Content starts

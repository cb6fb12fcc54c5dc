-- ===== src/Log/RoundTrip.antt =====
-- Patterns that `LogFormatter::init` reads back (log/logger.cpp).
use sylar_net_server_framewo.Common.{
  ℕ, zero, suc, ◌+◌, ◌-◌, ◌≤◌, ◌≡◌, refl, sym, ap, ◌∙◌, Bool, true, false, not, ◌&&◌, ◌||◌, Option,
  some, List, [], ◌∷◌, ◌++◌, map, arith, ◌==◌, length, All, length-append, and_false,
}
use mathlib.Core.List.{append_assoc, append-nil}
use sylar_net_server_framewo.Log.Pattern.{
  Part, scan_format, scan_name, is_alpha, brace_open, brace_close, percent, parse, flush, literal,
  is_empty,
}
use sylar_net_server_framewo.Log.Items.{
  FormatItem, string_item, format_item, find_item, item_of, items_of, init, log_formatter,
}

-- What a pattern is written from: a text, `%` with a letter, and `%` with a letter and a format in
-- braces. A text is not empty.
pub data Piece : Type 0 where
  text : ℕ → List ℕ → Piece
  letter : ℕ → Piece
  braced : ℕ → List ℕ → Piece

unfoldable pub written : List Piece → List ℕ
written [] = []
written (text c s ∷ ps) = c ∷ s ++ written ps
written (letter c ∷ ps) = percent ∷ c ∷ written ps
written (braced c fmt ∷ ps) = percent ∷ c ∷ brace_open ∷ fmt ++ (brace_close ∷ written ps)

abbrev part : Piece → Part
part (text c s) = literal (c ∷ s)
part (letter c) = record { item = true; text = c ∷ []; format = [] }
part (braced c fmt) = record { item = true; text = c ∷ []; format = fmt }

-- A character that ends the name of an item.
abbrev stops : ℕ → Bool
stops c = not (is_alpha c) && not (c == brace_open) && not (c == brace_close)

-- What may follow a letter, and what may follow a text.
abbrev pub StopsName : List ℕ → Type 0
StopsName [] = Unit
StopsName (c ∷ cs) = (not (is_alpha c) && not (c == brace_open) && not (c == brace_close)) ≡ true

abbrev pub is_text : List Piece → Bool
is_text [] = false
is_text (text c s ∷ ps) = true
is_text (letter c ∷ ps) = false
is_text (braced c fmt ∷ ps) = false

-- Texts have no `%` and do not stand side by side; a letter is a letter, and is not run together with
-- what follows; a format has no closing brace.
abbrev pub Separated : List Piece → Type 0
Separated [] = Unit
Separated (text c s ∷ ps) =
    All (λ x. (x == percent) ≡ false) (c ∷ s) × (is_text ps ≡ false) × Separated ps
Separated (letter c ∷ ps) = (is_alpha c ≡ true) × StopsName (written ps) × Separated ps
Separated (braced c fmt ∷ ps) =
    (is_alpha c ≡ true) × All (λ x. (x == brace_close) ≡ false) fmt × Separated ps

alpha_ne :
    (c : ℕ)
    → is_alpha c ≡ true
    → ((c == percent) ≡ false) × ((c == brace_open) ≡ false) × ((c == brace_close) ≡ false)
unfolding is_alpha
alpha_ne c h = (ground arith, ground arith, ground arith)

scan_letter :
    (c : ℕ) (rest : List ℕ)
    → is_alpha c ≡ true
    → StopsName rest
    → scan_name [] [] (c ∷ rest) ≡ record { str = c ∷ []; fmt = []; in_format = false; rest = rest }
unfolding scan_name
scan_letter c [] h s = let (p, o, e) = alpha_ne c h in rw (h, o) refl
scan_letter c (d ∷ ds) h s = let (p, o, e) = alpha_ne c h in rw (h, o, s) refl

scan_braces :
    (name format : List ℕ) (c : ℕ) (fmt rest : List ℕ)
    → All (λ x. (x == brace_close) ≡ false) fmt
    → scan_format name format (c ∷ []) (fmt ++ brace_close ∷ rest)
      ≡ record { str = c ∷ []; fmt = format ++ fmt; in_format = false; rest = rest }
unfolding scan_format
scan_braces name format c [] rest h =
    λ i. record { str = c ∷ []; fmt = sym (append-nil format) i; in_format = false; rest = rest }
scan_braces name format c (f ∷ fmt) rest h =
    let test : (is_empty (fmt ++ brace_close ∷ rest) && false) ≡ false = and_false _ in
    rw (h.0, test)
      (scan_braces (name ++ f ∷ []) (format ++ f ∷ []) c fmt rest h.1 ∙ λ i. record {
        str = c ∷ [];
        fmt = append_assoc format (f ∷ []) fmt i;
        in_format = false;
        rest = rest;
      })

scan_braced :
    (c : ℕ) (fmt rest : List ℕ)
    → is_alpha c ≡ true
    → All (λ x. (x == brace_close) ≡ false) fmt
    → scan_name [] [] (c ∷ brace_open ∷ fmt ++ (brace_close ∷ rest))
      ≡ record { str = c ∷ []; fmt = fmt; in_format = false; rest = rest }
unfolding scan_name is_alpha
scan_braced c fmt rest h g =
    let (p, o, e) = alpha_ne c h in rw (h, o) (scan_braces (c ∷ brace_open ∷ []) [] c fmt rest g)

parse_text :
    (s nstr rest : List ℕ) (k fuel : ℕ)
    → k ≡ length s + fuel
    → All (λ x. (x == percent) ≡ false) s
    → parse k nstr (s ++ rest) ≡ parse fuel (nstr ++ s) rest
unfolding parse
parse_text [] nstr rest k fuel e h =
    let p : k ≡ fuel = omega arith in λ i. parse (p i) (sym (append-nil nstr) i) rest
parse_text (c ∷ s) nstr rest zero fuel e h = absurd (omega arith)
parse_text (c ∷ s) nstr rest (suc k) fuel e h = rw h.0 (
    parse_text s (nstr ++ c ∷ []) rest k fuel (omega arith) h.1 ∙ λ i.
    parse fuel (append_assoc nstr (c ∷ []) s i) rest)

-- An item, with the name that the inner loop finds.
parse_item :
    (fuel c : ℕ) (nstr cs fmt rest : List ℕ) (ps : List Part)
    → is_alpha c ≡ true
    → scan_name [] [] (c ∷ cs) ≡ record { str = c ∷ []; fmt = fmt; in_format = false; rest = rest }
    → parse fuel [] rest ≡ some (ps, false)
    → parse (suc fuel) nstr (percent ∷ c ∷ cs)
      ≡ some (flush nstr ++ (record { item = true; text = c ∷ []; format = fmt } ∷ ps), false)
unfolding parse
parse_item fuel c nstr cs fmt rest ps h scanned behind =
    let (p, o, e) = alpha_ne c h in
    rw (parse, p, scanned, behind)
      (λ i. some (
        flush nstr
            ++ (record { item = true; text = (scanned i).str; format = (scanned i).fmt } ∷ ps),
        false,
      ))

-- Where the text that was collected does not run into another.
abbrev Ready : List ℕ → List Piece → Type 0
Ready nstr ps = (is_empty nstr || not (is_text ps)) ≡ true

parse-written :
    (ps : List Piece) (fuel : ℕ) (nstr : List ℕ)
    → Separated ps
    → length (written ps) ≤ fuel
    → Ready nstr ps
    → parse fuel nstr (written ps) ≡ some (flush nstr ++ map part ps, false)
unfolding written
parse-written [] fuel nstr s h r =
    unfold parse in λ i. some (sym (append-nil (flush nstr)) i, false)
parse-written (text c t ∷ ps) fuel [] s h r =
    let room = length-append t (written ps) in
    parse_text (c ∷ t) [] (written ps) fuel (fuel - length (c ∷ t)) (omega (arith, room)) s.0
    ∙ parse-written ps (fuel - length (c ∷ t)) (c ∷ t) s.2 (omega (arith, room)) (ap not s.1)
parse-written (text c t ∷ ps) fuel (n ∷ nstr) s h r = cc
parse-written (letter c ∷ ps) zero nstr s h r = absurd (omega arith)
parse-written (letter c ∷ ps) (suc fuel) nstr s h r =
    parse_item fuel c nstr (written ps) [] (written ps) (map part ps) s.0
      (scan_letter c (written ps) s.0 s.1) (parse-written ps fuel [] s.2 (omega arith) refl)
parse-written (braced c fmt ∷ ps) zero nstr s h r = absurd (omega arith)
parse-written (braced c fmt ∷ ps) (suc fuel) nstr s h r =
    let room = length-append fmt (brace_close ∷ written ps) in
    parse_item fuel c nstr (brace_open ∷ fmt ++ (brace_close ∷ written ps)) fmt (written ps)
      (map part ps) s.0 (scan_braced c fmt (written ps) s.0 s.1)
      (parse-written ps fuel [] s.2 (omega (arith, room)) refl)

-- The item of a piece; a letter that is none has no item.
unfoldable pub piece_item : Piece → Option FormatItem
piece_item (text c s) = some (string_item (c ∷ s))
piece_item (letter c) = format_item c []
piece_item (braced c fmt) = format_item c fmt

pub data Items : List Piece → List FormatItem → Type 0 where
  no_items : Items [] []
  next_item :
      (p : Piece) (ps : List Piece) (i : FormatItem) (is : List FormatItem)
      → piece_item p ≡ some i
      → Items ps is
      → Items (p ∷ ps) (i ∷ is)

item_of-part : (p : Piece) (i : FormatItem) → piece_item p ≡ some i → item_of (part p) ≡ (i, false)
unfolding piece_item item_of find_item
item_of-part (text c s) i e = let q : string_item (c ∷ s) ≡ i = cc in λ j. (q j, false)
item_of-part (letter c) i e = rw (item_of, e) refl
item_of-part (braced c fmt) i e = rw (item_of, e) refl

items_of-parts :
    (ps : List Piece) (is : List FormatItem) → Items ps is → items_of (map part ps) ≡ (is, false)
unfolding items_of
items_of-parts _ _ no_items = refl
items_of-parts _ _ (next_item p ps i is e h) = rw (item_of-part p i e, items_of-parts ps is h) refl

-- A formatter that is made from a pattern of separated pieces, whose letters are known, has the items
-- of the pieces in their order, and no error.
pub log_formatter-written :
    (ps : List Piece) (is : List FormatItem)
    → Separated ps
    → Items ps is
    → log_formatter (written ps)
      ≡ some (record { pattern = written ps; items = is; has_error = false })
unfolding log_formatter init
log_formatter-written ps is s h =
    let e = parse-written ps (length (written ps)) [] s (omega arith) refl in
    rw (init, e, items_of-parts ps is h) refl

Content ends
Content starts

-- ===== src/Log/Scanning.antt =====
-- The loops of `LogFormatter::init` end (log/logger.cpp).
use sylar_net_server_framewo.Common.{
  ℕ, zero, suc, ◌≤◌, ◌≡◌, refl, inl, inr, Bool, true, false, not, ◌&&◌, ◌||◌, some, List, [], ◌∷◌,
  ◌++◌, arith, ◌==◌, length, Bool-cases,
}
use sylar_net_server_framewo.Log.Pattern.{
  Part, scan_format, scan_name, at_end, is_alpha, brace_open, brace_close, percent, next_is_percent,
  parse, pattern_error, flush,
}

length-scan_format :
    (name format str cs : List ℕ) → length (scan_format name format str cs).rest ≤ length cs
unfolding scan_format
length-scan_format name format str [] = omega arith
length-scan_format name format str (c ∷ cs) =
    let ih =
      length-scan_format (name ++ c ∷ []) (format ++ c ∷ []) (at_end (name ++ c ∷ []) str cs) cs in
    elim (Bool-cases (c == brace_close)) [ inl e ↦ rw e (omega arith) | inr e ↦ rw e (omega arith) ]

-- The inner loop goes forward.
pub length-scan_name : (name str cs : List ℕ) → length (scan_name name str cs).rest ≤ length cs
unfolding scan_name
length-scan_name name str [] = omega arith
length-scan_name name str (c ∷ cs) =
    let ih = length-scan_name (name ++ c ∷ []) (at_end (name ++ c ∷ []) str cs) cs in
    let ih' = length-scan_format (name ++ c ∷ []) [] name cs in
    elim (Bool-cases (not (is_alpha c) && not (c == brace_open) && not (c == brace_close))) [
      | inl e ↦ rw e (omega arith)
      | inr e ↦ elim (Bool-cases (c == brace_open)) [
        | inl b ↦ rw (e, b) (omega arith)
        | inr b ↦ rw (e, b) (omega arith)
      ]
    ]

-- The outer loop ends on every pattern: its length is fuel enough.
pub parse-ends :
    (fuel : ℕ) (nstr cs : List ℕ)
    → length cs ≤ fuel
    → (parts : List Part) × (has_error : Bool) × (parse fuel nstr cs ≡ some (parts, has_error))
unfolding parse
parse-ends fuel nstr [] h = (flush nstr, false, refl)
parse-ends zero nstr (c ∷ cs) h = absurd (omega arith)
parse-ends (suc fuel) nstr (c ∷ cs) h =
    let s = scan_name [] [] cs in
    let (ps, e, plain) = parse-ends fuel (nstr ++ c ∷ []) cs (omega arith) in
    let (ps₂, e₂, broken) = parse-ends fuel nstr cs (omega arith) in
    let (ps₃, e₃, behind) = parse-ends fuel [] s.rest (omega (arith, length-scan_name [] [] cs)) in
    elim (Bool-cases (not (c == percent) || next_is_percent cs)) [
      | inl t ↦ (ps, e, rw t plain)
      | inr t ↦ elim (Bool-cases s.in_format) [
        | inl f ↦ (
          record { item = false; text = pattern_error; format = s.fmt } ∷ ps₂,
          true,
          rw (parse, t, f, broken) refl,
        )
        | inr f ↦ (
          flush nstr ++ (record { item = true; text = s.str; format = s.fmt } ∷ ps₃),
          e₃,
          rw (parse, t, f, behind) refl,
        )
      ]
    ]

Content ends
Content starts

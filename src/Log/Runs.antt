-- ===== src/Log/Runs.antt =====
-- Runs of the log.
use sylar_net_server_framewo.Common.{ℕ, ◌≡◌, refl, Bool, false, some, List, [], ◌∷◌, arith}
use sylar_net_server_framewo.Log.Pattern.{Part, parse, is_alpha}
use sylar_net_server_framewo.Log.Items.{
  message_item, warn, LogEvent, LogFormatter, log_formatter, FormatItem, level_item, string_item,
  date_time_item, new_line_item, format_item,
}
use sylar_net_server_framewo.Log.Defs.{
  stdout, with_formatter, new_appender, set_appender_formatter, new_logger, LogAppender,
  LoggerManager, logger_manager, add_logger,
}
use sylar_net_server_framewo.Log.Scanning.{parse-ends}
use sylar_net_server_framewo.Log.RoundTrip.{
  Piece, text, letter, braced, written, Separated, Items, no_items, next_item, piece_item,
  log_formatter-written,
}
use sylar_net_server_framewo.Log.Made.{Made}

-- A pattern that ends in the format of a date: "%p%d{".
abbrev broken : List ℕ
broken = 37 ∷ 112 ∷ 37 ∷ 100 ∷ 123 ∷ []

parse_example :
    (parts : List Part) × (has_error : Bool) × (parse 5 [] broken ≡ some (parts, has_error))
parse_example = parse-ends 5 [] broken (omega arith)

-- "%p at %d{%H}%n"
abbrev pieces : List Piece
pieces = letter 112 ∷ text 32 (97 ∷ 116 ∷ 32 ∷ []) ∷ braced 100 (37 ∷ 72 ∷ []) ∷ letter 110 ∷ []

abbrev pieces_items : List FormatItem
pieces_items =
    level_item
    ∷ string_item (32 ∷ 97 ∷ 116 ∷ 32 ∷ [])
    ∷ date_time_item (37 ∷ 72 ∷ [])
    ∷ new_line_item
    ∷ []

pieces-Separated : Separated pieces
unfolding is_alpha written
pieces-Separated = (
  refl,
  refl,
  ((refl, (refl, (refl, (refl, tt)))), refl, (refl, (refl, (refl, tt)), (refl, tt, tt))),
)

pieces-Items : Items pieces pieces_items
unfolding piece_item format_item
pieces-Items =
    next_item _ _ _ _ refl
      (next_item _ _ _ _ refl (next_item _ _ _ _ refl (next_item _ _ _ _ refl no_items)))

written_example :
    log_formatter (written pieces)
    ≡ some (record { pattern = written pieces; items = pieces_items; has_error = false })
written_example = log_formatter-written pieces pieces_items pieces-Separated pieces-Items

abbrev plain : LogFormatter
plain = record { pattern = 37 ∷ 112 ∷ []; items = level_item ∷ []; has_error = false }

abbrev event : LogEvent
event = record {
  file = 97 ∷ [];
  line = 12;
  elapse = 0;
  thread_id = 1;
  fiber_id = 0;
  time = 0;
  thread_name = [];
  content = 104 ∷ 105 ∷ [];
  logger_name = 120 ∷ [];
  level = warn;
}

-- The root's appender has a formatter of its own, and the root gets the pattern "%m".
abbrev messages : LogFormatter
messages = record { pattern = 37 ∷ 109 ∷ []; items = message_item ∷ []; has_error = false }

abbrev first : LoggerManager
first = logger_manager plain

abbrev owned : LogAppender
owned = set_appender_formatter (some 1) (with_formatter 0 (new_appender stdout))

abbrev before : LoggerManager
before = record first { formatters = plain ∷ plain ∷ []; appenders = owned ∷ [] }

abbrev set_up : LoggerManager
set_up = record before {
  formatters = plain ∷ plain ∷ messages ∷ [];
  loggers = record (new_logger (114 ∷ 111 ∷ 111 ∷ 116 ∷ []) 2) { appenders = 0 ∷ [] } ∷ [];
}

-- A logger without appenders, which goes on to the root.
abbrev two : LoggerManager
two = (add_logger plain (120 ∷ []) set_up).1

Content ends

Your instructions >>
Look through the material above for the word "before" and copy every line that has it.

Task result >>
abbrev before : LoggerManager
before = record first { formatters = plain ∷ plain ∷ []; appenders = owned ∷ [] }
set_up = record before {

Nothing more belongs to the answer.